» **WORK TO COMPLETE**:
Nothing more is wanted than an exact repeat of the data below.

[Items from a data source]
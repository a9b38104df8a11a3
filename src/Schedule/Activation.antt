-- ===== src/Schedule/Activation.antt =====
-- apps/gateway/src/runtime_schedule.ts: what an approval changes.
use mathlib.Core.Path.{subst}
use mathlib.Core.List.{Memᴰ}
use mathlib.Core.List.Memᴰ
use blue_tanuki.Base.{
  ℕ, String, ◌==◌, ◌≡◌, ◌⊎◌, refl, sym, ap, ◌∙◌, inl, inr, false, none, some, leb, Bool-cases,
  Option-cases, if◌then◌else◌, Result, thrown,
}
use blue_tanuki.Base.Dict.{get, get-put, get-remove}
use blue_tanuki.Controller.Types.{ScheduleLifecycleEvent}
use blue_tanuki.Schedule.Types.{PendingOperation, ManagerState}
use blue_tanuki.Schedule.Manager.{
  ManagerSetting, is_delete, active_in, lifecycle_from_pending, prune_expired_pending,
}
use blue_tanuki.Schedule.Approve.{activated_schedule, approve_found, approve_pending}
use blue_tanuki.Schedule.Consistent.{
  IsUpdate, IsKeyed, update_at, update_other, close-IsConsistentOn,
}
use blue_tanuki.Schedule.Invariant.{IsConsistent, active, Grows, Kept, put_schedule-IsKeyed}
use blue_tanuki.Schedule.Rejection.{prune_expired_pending-Kept, prune_expired_pending-live}
use blue_tanuki.Schedule.Effects.{result_of, approve_found-Resulting}

module _ (setting : ManagerSetting) where
  -- What an approval of a waiting operation `p` does.
  abbrev pub Activates : ManagerState → String → PendingOperation → ℕ → ManagerState → Type 0
  Activates st c p now next =
      IsConsistent next
      × ((id : String)
          → active next id ≡ (
              if p.schedule_id == id
              then if is_delete p.operation then none else some (activated_schedule p now)
              else active st id))
      × ((d : String) (q : PendingOperation)
          → get next.pending d ≡ some q
          → (get st.pending d ≡ some q) × ((c == d) ≡ false))
      × Grows st next
      × Memᴰ (ScheduleLifecycleEvent.approved, lifecycle_from_pending p) next.events

  approve_found-Activates :
      (st : ManagerState) (c : String) (p : PendingOperation) (now : ℕ) (disk : Result String Unit)
      → IsConsistent st
      → get st.pending c ≡ some p
      → Activates st c p now (approve_found setting st c p now disk).1
  approve_found-Activates st c p now disk h found =
      let (_, proposes, _, fits) = h.0 c p found in
      let next = (approve_found setting st c p now disk).1 in
      let s = result_of p now in
      let ((pendings, by_schedule, listed, more), same, becomes) =
        approve_found-Resulting setting st c p now disk p.operation refl fits h.2 proposes in
      let gone : IsUpdate (get st.pending) c none (get next.pending) =
        λ j. ap (λ m. get m j) pendings ∙ get-remove st.pending c j in
      let freed : IsUpdate (get st.pending_by_schedule) p.schedule_id none
          (get next.pending_by_schedule) =
        λ j. ap (λ m. get m j) by_schedule ∙ get-remove st.pending_by_schedule p.schedule_id j in
      let update : IsUpdate (get st.schedules) p.schedule_id (some s) (get next.schedules) = λ j.
        ap (λ m. get m j) listed
        ∙ get-put st.schedules s.id j s
        ∙ ap (λ k. if k == j then some s else get st.schedules j) same in
      let keyed : IsKeyed (get next.schedules) =
        subst (λ m. IsKeyed (get m)) (sym listed) (put_schedule-IsKeyed st.schedules s h.2) in
      (
        close-IsConsistentOn (get next.pending) (get next.pending_by_schedule) (get next.schedules)
            c p h found gone freed (some s) update keyed,
        (λ id. elim (Bool-cases (p.schedule_id == id)) [
          | inl here ↦
              ap active_in (
                update_at (get st.schedules) p.schedule_id id (some s) (get next.schedules) update
                  here)
              ∙ becomes
              ∙ ap
                  (λ b.
                    if b
                    then if is_delete p.operation then none else some (activated_schedule p now)
                    else active st id)
                  (sym here)
          | inr there ↦
              ap active_in (
                update_other (get st.schedules) p.schedule_id id (some s) (get next.schedules)
                  update there)
              ∙ ap
                  (λ b.
                    if b
                    then if is_delete p.operation then none else some (activated_schedule p now)
                    else active st id)
                  (sym there)
        ]),
        (λ d q held. elim (Bool-cases (c == d)) [
          | inl here ↦ cc (update_at (get st.pending) c d none (get next.pending) gone here)
          | inr there ↦ (
            sym (update_other (get st.pending) c d none (get next.pending) gone there) ∙ held,
            there,
          )
        ]),
        (λ e m. more e (Memᴰ.append_left _ m)),
        more _ (Memᴰ.append_right st.events (Memᴰ.head refl)),
      )

  approve_pending-none :
      (st : ManagerState) (c : String) (now : ℕ) (disk : Result String Unit)
      → let live = prune_expired_pending setting st "system" now in
        get live.pending c ≡ none
        → approve_pending setting st c now disk ≡ (
          thrown
              "schedule approval missing or expired; nothing was activated; submit the schedule request again and approve the new command_id",
          live,
        )
  unfolding approve_pending
  approve_pending-none st c now disk absent = rw (absent, approve_pending) refl

  approve_pending-some :
      (st : ManagerState) (c : String) (now : ℕ) (disk : Result String Unit) (p : PendingOperation)
      → let live = prune_expired_pending setting st "system" now in
        get live.pending c ≡ some p
        → approve_pending setting st c now disk ≡ approve_found setting live c p now disk
  unfolding approve_pending
  approve_pending-some st c now disk p found = rw (found, approve_pending) refl

  -- An approval finds no operation of that command that waits and has not expired, and nothing becomes
  -- active or ceases to be; or it finds one, which waits no longer. Then the schedule of that
  -- operation, and no other, is what the operation proposed, active, or, for a deletion, is not active,
  -- also when writing the file or scheduling the task fails. The three maps stay consistent.
  pub approve_pending-Activates :
      (st : ManagerState) (c : String) (now : ℕ) (disk : Result String Unit)
      → IsConsistent st
      → let r = approve_pending setting st c now disk in
        ((r.0
            ≡ thrown
                "schedule approval missing or expired; nothing was activated; submit the schedule request again and approve the new command_id")
          × Kept st r.1)
        ⊎ ((p : PendingOperation) × (get st.pending c ≡ some p)
            × (leb p.expires_at_ms now ≡ false)
            × Activates st c p now r.1)
  approve_pending-Activates st c now disk h =
      let live = prune_expired_pending setting st "system" now in
      let (consistent, same, fewer, more) = prune_expired_pending-Kept setting st "system" now h in
      elim (Option-cases (get live.pending c)) [
        | inl absent ↦
            let runs = approve_pending-none st c now disk absent in
            inl (
              ap (λ r. r.0) runs,
              subst (λ r. Kept st r.1) (sym runs) (consistent, same, fewer, more),
            )
        | inr (p, found) ↦
            let runs = approve_pending-some st c now disk p found in
            let (stays, becomes, others, grows, event) =
              approve_found-Activates live c p now disk consistent found in
            inr (
              p,
              fewer c p found,
              prune_expired_pending-live setting st "system" now c p h found,
              subst (λ r. Activates st c p now r.1) (sym runs)
                  (
                    stays,
                    (λ id.
                        becomes id
                        ∙ ap
                            (λ o.
                              if p.schedule_id == id
                              then if is_delete p.operation
                                then none
                                else some (activated_schedule p now)
                              else o)
                            (same id)),
                    (λ d q held. let (was, other) = others d q held in (fewer d q was, other)),
                    (λ e m. grows e (more e m)),
                    event,
                  ),
            )
      ]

» **WRITTEN ANSWER**:
repository a9b38104df8a11a3
filename src/Schedule/Activation.antt
-- ===== src/Schedule/Activation.antt =====
-- apps/gateway/src/runtime_schedule.ts: what an approval changes.
use mathlib.Core.Path.{subst}
use mathlib.Core.List.{Memᴰ}
use mathlib.Core.List.Memᴰ
use blue_tanuki.Base.{
  ℕ, String, ◌==◌, ◌≡◌, ◌⊎◌, refl, sym, ap, ◌∙◌, inl, inr, false, none, some, leb, Bool-cases,
  Option-cases, if◌then◌else◌, Result, thrown,
}
use blue_tanuki.Base.Dict.{get, get-put, get-remove}
use blue_tanuki.Controller.Types.{ScheduleLifecycleEvent}
use blue_tanuki.Schedule.Types.{PendingOperation, ManagerState}
use blue_tanuki.Schedule.Manager.{
  ManagerSetting, is_delete, active_in, lifecycle_from_pending, prune_expired_pending,
}
use blue_tanuki.Schedule.Approve.{activated_schedule, approve_found, approve_pending}
use blue_tanuki.Schedule.Consistent.{
  IsUpdate, IsKeyed, update_at, update_other, close-IsConsistentOn,
}
use blue_tanuki.Schedule.Invariant.{IsConsistent, active, Grows, Kept, put_schedule-IsKeyed}
use blue_tanuki.Schedule.Rejection.{prune_expired_pending-Kept, prune_expired_pending-live}
use blue_tanuki.Schedule.Effects.{result_of, approve_found-Resulting}

module _ (setting : ManagerSetting) where
  -- What an approval of a waiting operation `p` does.
  abbrev pub Activates : ManagerState → String → PendingOperation → ℕ → ManagerState → Type 0
  Activates st c p now next =
      IsConsistent next
      × ((id : String)
          → active next id ≡ (
              if p.schedule_id == id
              then if is_delete p.operation then none else some (activated_schedule p now)
              else active st id))
      × ((d : String) (q : PendingOperation)
          → get next.pending d ≡ some q
          → (get st.pending d ≡ some q) × ((c == d) ≡ false))
      × Grows st next
      × Memᴰ (ScheduleLifecycleEvent.approved, lifecycle_from_pending p) next.events

  approve_found-Activates :
      (st : ManagerState) (c : String) (p : PendingOperation) (now : ℕ) (disk : Result String Unit)
      → IsConsistent st
      → get st.pending c ≡ some p
      → Activates st c p now (approve_found setting st c p now disk).1
  approve_found-Activates st c p now disk h found =
      let (_, proposes, _, fits) = h.0 c p found in
      let next = (approve_found setting st c p now disk).1 in
      let s = result_of p now in
      let ((pendings, by_schedule, listed, more), same, becomes) =
        approve_found-Resulting setting st c p now disk p.operation refl fits h.2 proposes in
      let gone : IsUpdate (get st.pending) c none (get next.pending) =
        λ j. ap (λ m. get m j) pendings ∙ get-remove st.pending c j in
      let freed : IsUpdate (get st.pending_by_schedule) p.schedule_id none
          (get next.pending_by_schedule) =
        λ j. ap (λ m. get m j) by_schedule ∙ get-remove st.pending_by_schedule p.schedule_id j in
      let update : IsUpdate (get st.schedules) p.schedule_id (some s) (get next.schedules) = λ j.
        ap (λ m. get m j) listed
        ∙ get-put st.schedules s.id j s
        ∙ ap (λ k. if k == j then some s else get st.schedules j) same in
      let keyed : IsKeyed (get next.schedules) =
        subst (λ m. IsKeyed (get m)) (sym listed) (put_schedule-IsKeyed st.schedules s h.2) in
      (
        close-IsConsistentOn (get next.pending) (get next.pending_by_schedule) (get next.schedules)
            c p h found gone freed (some s) update keyed,
        (λ id. elim (Bool-cases (p.schedule_id == id)) [
          | inl here ↦
              ap active_in (
                update_at (get st.schedules) p.schedule_id id (some s) (get next.schedules) update
                  here)
              ∙ becomes
              ∙ ap
                  (λ b.
                    if b
                    then if is_delete p.operation then none else some (activated_schedule p now)
                    else active st id)
                  (sym here)
          | inr there ↦
              ap active_in (
                update_other (get st.schedules) p.schedule_id id (some s) (get next.schedules)
                  update there)
              ∙ ap
                  (λ b.
                    if b
                    then if is_delete p.operation then none else some (activated_schedule p now)
                    else active st id)
                  (sym there)
        ]),
        (λ d q held. elim (Bool-cases (c == d)) [
          | inl here ↦ cc (update_at (get st.pending) c d none (get next.pending) gone here)
          | inr there ↦ (
            sym (update_other (get st.pending) c d none (get next.pending) gone there) ∙ held,
            there,
          )
        ]),
        (λ e m. more e (Memᴰ.append_left _ m)),
        more _ (Memᴰ.append_right st.events (Memᴰ.head refl)),
      )

  approve_pending-none :
      (st : ManagerState) (c : String) (now : ℕ) (disk : Result String Unit)
      → let live = prune_expired_pending setting st "system" now in
        get live.pending c ≡ none
        → approve_pending setting st c now disk ≡ (
          thrown
              "schedule approval missing or expired; nothing was activated; submit the schedule request again and approve the new command_id",
          live,
        )
  unfolding approve_pending
  approve_pending-none st c now disk absent = rw (absent, approve_pending) refl

  approve_pending-some :
      (st : ManagerState) (c : String) (now : ℕ) (disk : Result String Unit) (p : PendingOperation)
      → let live = prune_expired_pending setting st "system" now in
        get live.pending c ≡ some p
        → approve_pending setting st c now disk ≡ approve_found setting live c p now disk
  unfolding approve_pending
  approve_pending-some st c now disk p found = rw (found, approve_pending) refl

  -- An approval finds no operation of that command that waits and has not expired, and nothing becomes
  -- active or ceases to be; or it finds one, which waits no longer. Then the schedule of that
  -- operation, and no other, is what the operation proposed, active, or, for a deletion, is not active,
  -- also when writing the file or scheduling the task fails. The three maps stay consistent.
  pub approve_pending-Activates :
      (st : ManagerState) (c : String) (now : ℕ) (disk : Result String Unit)
      → IsConsistent st
      → let r = approve_pending setting st c now disk in
        ((r.0
            ≡ thrown
                "schedule approval missing or expired; nothing was activated; submit the schedule request again and approve the new command_id")
          × Kept st r.1)
        ⊎ ((p : PendingOperation) × (get st.pending c ≡ some p)
            × (leb p.expires_at_ms now ≡ false)
            × Activates st c p now r.1)
  approve_pending-Activates st c now disk h =
      let live = prune_expired_pending setting st "system" now in
      let (consistent, same, fewer, more) = prune_expired_pending-Kept setting st "system" now h in
      elim (Option-cases (get live.pending c)) [
        | inl absent ↦
            let runs = approve_pending-none st c now disk absent in
            inl (
              ap (λ r. r.0) runs,
              subst (λ r. Kept st r.1) (sym runs) (consistent, same, fewer, more),
            )
        | inr (p, found) ↦
            let runs = approve_pending-some st c now disk p found in
            let (stays, becomes, others, grows, event) =
              approve_found-Activates live c p now disk consistent found in
            inr (
              p,
              fewer c p found,
              prune_expired_pending-live setting st "system" now c p h found,
              subst (λ r. Activates st c p now r.1) (sym runs)
                  (
                    stays,
                    (λ id.
                        becomes id
                        ∙ ap
                            (λ o.
                              if p.schedule_id == id
                              then if is_delete p.operation
                                then none
                                else some (activated_schedule p now)
                              else o)
                            (same id)),
                    (λ d q held. let (was, other) = others d q held in (fewer d q was, other)),
                    (λ e m. grows e (more e m)),
                    event,
                  ),
            )
      ]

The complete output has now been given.